Diakui Gaga, Rashi dan Singkong punya sejumlah keunggulan dibandingkan nasi. Setiap 100 gram singkong mengandung lebih banyak vitamin C, vitamin A, folat, potasium, dan serat dibandingkan nasi.
Rashi dan nasi memiliki kandungan zat besi, natrium, dan seng yang kurang lebih sama. Namun dibandingkan nasi, singkong lebih banyak mengandung karbohidrat dan lebih sedikit protein.
Singkong juga mengandung lebih banyak serat, yang berarti memiliki indeks glikemik (ukuran seberapa cepat suatu makanan meningkatkan kadar gula darah) lebih rendah dibandingkan nasi.
“Tapi saya tidak akan melarang nasi untuk penderita diabetes. Yang penting makanan itu mengandung serat nabati,” kata dosen Departemen Kedokteran Dasar Fakultas Kedokteran Universitas Padjadjaran itu.
Gaga menjelaskan, ada alternatif pangan yang lebih baik dibandingkan singkong dan nasi. Ini adalah sorgum, yang membutuhkan lebih sedikit air untuk tumbuh dibandingkan beras, namun memiliki kandungan protein lebih tinggi.
“Kaya sekali proteinnya, bisa mencapai 8 gram per 100 gram, sangat baik untuk tumbuh kembang anak. Satu-satunya kendala sorgum adalah meski sudah diolah, tidak bisa dimasak seperti nasi.”

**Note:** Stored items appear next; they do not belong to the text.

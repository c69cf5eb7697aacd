-- ===== src/Rmt/Access.antt =====
-- Remote access to the database (rmt/rmt-db.c): the state machine that `rmt_db_poll` steps.
--
-- The pointers `de` and `f` are what is left of the chains they stand in, as these were when the
-- pointers were set. What the user interface does with a request is an argument, with a state of its
-- own. `buf` is not kept from one poll to the next. `none` is a failed assertion, an `ABORT` or an
-- access through NULL.
pub mod Session
use fw.Base.{
  ℕ, zero, suc, ◌+◌, ◌-◌, ◌*◌, ◌/◌, ◌%◌, ◌^◌, Bool, true, false, not, ◌&&◌, ◌||◌, Option, none,
  some,
}
use fw.Base.{List, [], ◌∷◌, ◌++◌, ◌==◌, ltb, leb, length, take, drop, if◌then◌else◌}
use mathlib.Core.Option
use fw.Sys.Mbox.{Checked, Memory}
use fw.Rmt.{
  Rmt, rmt_request, rmt_responsev, rmt_response, rmt_end, rmt_open, rmt_set_reset, rmt_max_len,
}
use fw.Db.Ft
use fw.Db.Field.{Field}
use fw.Db.Tree.{is_nil}
use fw.Db.Entry.{Entry, Db, bytes_eq}

-- `enum rdb_state`
pub data RdbState : Type 0 where
  idle : RdbState
  req : RdbState
  res : RdbState
  end : RdbState

-- `enum rdb_op`
abbrev pub rdop_null : ℕ
rdop_null = 0

abbrev pub rdop_ls : ℕ
rdop_ls = 2

abbrev pub rdop_show : ℕ
rdop_show = 4

abbrev pub rdop_reveal : ℕ
rdop_reveal = 5

abbrev pub rdop_get_time : ℕ
rdop_get_time = 6

abbrev pub rdop_set_time : ℕ
rdop_set_time = 7

abbrev pub rdop_invalid : ℕ
rdop_invalid = 100

abbrev pub rdop_not_found : ℕ
rdop_not_found = 101

abbrev pub rdop_busy : ℕ
rdop_busy = 102

-- The static variables of the file.
pub record Access : Type 0 where
  pub state : RdbState
  pub op : ℕ
  pub generation : ℕ
  pub de : List ℕ
  pub f : List Field
  pub async_reset : Bool

-- `ui_rmt_reveal` (of an entry, a field, and whether it is binary) and `ui_rmt_set_time`, which say
-- whether the request was taken, and the time in seconds.
pub record Ui : Type 1 where
  pub State : Type 0
  pub reveal : State → ℕ → Field → Bool → Bool × State
  pub set_time : State → ℕ → Bool × State
  pub time : State → ℕ

-- The bytes of an unsigned integer, the lowest first, and back.
unfoldable pub le_bytes : ℕ → ℕ → List ℕ
le_bytes zero v = []
le_bytes (suc n) v = (v % 256) ∷ le_bytes n (v / 256)

unfoldable pub le_value : List ℕ → ℕ
le_value [] = 0
le_value (b ∷ bytes) = b + 256 * le_value bytes

unfoldable pub byte_at : List ℕ → ℕ → ℕ
byte_at [] n = 0
byte_at (b ∷ bytes) zero = b
byte_at (b ∷ bytes) (suc n) = byte_at bytes n

-- The chain from the first entry of that name on.
unfoldable pub find_entry : (ℕ → Entry) → List ℕ → List ℕ → List ℕ
unfolding bytes_eq
find_entry cell [] name = []
find_entry cell (a ∷ rest) name =
    if bytes_eq (cell a).name name then a ∷ rest else find_entry cell rest name

-- The fields from the first one of that type on.
unfoldable pub find_type : List Field → ℕ → List Field
find_type [] type = []
find_type (f ∷ fs) type = if f.type == type then f ∷ fs else find_type fs type

-- What a field shows to the host: nothing, the parts of a block, or an `ABORT`.
pub data Shown : Type 0 where
  hidden : Shown
  parts : List (List ℕ) → Shown
  aborted : Shown

unfoldable pub shown : Field → Shown
shown f =
    if f.type == Ft.end || f.type == Ft.id || f.type == Ft.prev || f.type == Ft.dir
    then hidden
    else if f.type == Ft.user
        || f.type == Ft.email
        || f.type == Ft.hotp_counter
        || f.type == Ft.comment
    then parts ((f.type ∷ []) ∷ take f.len f.bytes ∷ [])
    else if f.type == Ft.pw
        || f.type == Ft.pw2
        || f.type == Ft.hotp_secret
        || f.type == Ft.totp_secret
    then parts ((f.type ∷ []) ∷ [])
    else aborted

-- Which types can be revealed, and whether what they hold is binary.
unfoldable pub reveal_type : ℕ → Option Bool
reveal_type type =
    if type == Ft.pw || type == Ft.pw2
    then some false
    else if type == Ft.hotp_secret || type == Ft.totp_secret
    then some true
    else none

-- The texts of the errors; the lengths are those the code gives. The block of `RDOP_BUSY` goes on
-- behind the end of the literal, with bytes that are an argument.
abbrev pub db_changed : List ℕ
db_changed = 0 ∷ 68 ∷ 66 ∷ 32 ∷ 99 ∷ 104 ∷ 97 ∷ 110 ∷ 103 ∷ 101 ∷ []

abbrev pub bad_request : List ℕ
bad_request = 0 ∷ 66 ∷ 97 ∷ 100 ∷ 32 ∷ 114 ∷ 101 ∷ 113 ∷ 117 ∷ 101 ∷ 115 ∷ 116 ∷ []

abbrev pub not_found : List ℕ
not_found = 0 ∷ 78 ∷ 111 ∷ 116 ∷ 32 ∷ 102 ∷ 111 ∷ 117 ∷ 110 ∷ 100 ∷ []

abbrev pub busy : List ℕ → List ℕ
busy behind = 0 ∷ 66 ∷ 117 ∷ 115 ∷ 121 ∷ 0 ∷ take 4 behind

-- `if (!rmt_response(...)) return;`, with what is left of the state then, and how it goes on.
abbrev pub if_sent :
    Access → (Rmt → Checked (Access × Rmt)) → Checked (Bool × Rmt) → Checked (Access × Rmt)
if_sent x k none = none
if_sent x k (some (false, r)) = some (x, r)
if_sent x k (some (true, r)) = k r

-- A response of one block, after which the state is `RDS_END`.
abbrev pub send_last : Access → List ℕ → Rmt → Checked (Access × Rmt)
send_last x bytes r = if_sent x (λ r'. some (record x { state = end }, r')) (rmt_response r bytes)

-- The entries of `RDOP_LS` in `RDS_RES`, from the second `rmt_response` on.
abbrev pub send_name : (ℕ → Entry) → Access → List ℕ → Rmt → Checked (Access × Rmt)
send_name cell x [] r = none
send_name cell x (a ∷ []) r =
    if_sent x (λ r'. some (record x { de = []; state = end }, r')) (rmt_response r (cell a).name)
send_name cell x (a ∷ b ∷ rest) r =
    if_sent x (λ r'. some (record x { de = b ∷ rest }, r')) (rmt_response r (cell a).name)

-- The loop over the fields of `RDOP_SHOW`.
abbrev pub show_step :
    Shown → Access → (Rmt → Checked (Access × Rmt)) → Rmt → Checked (Access × Rmt)
show_step hidden x k r = k r
show_step (parts ps) x k r = if_sent x k (rmt_responsev r ps)
show_step aborted x k r = none

unfoldable pub show_fields : Access → List Field → Rmt → Checked (Access × Rmt)
show_fields x [] r = some (record x { f = []; state = end }, r)
show_fields x (f ∷ fs) r = show_step (shown f) (record x { f = f ∷ fs }) (show_fields x fs) r

-- The test of the generation: where it has changed, the error is sent, and the state is `RDS_END`,
-- but the code goes on.
unfoldable pub check_generation :
    ℕ → Access → Rmt → (Access → Rmt → Checked (Access × Rmt)) → Checked (Access × Rmt)
check_generation generation x r k =
    if x.generation == generation
    then k x r
    else if_sent x (λ r'. k (record x { state = end }) r') (rmt_response r db_changed)

-- The end of the request: some operations have nothing to send.
unfoldable pub begin_response : Access → Access
begin_response x =
    if x.op == rdop_ls && is_nil x.de || x.op == rdop_show && is_nil x.f || x.op == rdop_set_time
    then record x { state = end }
    else record x { state = res }

abbrev pub poll_end : Access → Bool × Rmt → Access × Rmt
poll_end x (true, r) = (record x { state = idle }, r)
poll_end x (false, r) = (x, r)

abbrev pub with_ui : {U : Type 0} → U → Access × Rmt → Access × Rmt × U
with_ui s (x, r) = (x, r, s)

-- The first thing a poll does.
abbrev pub after_reset : Access → Access
after_reset x = if x.async_reset then record x { async_reset = false; state = idle } else x

module _ (u : Ui) {S : Type 0} (behind : List ℕ) where
  -- `RDOP_REVEAL`, with the entries from the one that was found on.
  unfoldable pub reveal_found : Db S → Access → ℕ → List ℕ → u.State → Access × u.State
  unfolding find_type reveal_type
  reveal_found d x type [] s = (record x { de = []; op = rdop_not_found }, s)
  reveal_found d x type (a ∷ rest) s = elim (reveal_type type) [
    | none ↦ (record x { de = a ∷ rest; f = []; op = rdop_not_found }, s)
    | some binary ↦ elim (find_type (d.cell a).fields type) [
      | [] ↦ (record x { de = a ∷ rest; f = []; op = rdop_not_found }, s)
      | f ∷ fs ↦
          (let (ok, s') = u.reveal s a f binary in
            (record x { de = a ∷ rest; f = f ∷ fs; op = if ok then x.op else rdop_busy }, s'))
    ]
  ]

  abbrev pub show_found : Db S → Access → List ℕ → Access
  show_found d x [] = record x { f = []; de = []; op = rdop_not_found }
  show_found d x (a ∷ rest) = record x { f = (d.cell a).fields; de = a ∷ rest }

  -- The first block of a request, of the operation and its arguments.
  unfoldable pub start_request : Db S → Access → ℕ → List ℕ → u.State → Access × u.State
  unfolding find_entry reveal_found byte_at le_value
  start_request d x op args s =
      if op == rdop_ls
      then (record x { de = d.entries }, s)
      else if op == rdop_show
      then (show_found d x (find_entry d.cell d.entries args), s)
      else if op == rdop_reveal
      then (if ltb (length args) 1
          then (record x { op = rdop_invalid }, s)
          else reveal_found d x (byte_at args (length args - 1))
              (find_entry d.cell d.entries (take (length args - 1) args)) s)
      else if op == rdop_get_time
      then (x, s)
      else if op == rdop_set_time
      then (if not (length args == 8)
          then (record x { op = rdop_invalid }, s)
          else (let (ok, s') = u.set_time s (le_value args) in
              (record x { op = if ok then x.op else rdop_busy }, s')))
      else (record x { op = rdop_invalid }, s)

  -- `RDS_IDLE`, with what `rmt_request` gave.
  unfoldable pub poll_idle :
      Db S → Access → Option ℕ × List ℕ × Rmt → u.State → Access × Rmt × u.State
  unfolding start_request
  poll_idle d x (none, bytes, r) s = (x, r, s)
  poll_idle d x (some got, [], r) s = (record x { state = req; op = rdop_null }, r, s)
  poll_idle d x (some got, op ∷ args, r) s =
      let (x', s') =
        start_request d (record x { state = req; op = op; generation = d.generation }) op args s in
      (x', r, s')

  -- `RDS_RES`
  unfoldable pub poll_res : Db S → u.State → Access → Rmt → Checked (Access × Rmt)
  unfolding check_generation show_fields le_bytes
  poll_res d s x r =
      if x.op == rdop_ls
      then check_generation d.generation x r (λ x'. send_name d.cell x' x'.de)
      else if x.op == rdop_show
      then check_generation d.generation x r (λ x'. show_fields x' x'.f)
      else if x.op == rdop_get_time
      then send_last x (1 ∷ le_bytes 8 (u.time s)) r
      else if x.op == rdop_invalid
      then send_last x bad_request r
      else if x.op == rdop_not_found
      then send_last x not_found r
      else if x.op == rdop_busy
      then send_last x (busy behind) r
      else if x.op == rdop_null || x.op == rdop_reveal
      then some (record x { state = end }, r)
      else none

  abbrev pub respond : Db S → u.State → Access → Rmt → Checked (Access × Rmt)
  respond d s x r = elim x.state [
    | res ↦ poll_res d s x r
    | idle ↦ some (x, r)
    | req ↦ some (x, r)
    | end ↦ some (x, r)
  ]

  -- `RDS_REQ`, with what `rmt_request` gave.
  unfoldable pub poll_req :
      Db S → u.State → Access → Option ℕ × List ℕ × Rmt → Checked (Access × Rmt)
  unfolding poll_res begin_response
  poll_req d s x (some zero, bytes, r) = some (x, r)
  poll_req d s x (some (suc n), bytes, r) = some (record x { op = rdop_invalid }, r)
  poll_req d s x (none, bytes, r) = respond d s (begin_response x) r

  -- `rmt_db_poll`, when no reset is pending.
  unfoldable pub poll_state : Db S → Access → Rmt → u.State → Checked (Access × Rmt × u.State)
  unfolding poll_idle poll_req poll_res
  poll_state d x r s = elim x.state [
    | idle ↦ Option.map (λ g. poll_idle d x g s) (rmt_request r rmt_max_len)
    | req ↦ elim (rmt_request r rmt_max_len) [
      | none ↦ none
      | some g ↦ Option.map (with_ui s) (poll_req d s x g)
    ]
    | res ↦ Option.map (with_ui s) (poll_res d s x r)
    | end ↦ Option.map (λ g. with_ui s (poll_end x g)) (rmt_end r)
  ]

  unfoldable pub rmt_db_poll : Db S → Access → Rmt → u.State → Checked (Access × Rmt × u.State)
  unfolding poll_state
  rmt_db_poll d x r s = poll_state d (after_reset x) r s

-- `rmt_db_reset`; the setting `strict_rmt` disables it.
unfoldable pub rmt_db_reset : Bool → Access → Bool × Access
rmt_db_reset strict_rmt x =
    if strict_rmt then (false, x) else (true, record x { async_reset = true })

unfoldable pub rmt_db_init : Access → Memory → Checked (Access × Rmt)
rmt_db_init x mem =
    Option.map (λ r. (record x { async_reset = false }, rmt_set_reset r true)) (rmt_open mem)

Kembali ke topik Rashi dan Nasi, Gaga menyarankan, asalkan dikonsumsi dengan komposisi nutrisi yang tepat, tidak hanya mendukung pertumbuhan dan mencegah stunting pada anak, tapi juga memperlambat kenaikan kadar gula darah pada penderita diabetes bahwa itu bermanfaat.
Laporan Yuri Saputra, jurnalis yang berbasis di Bandung.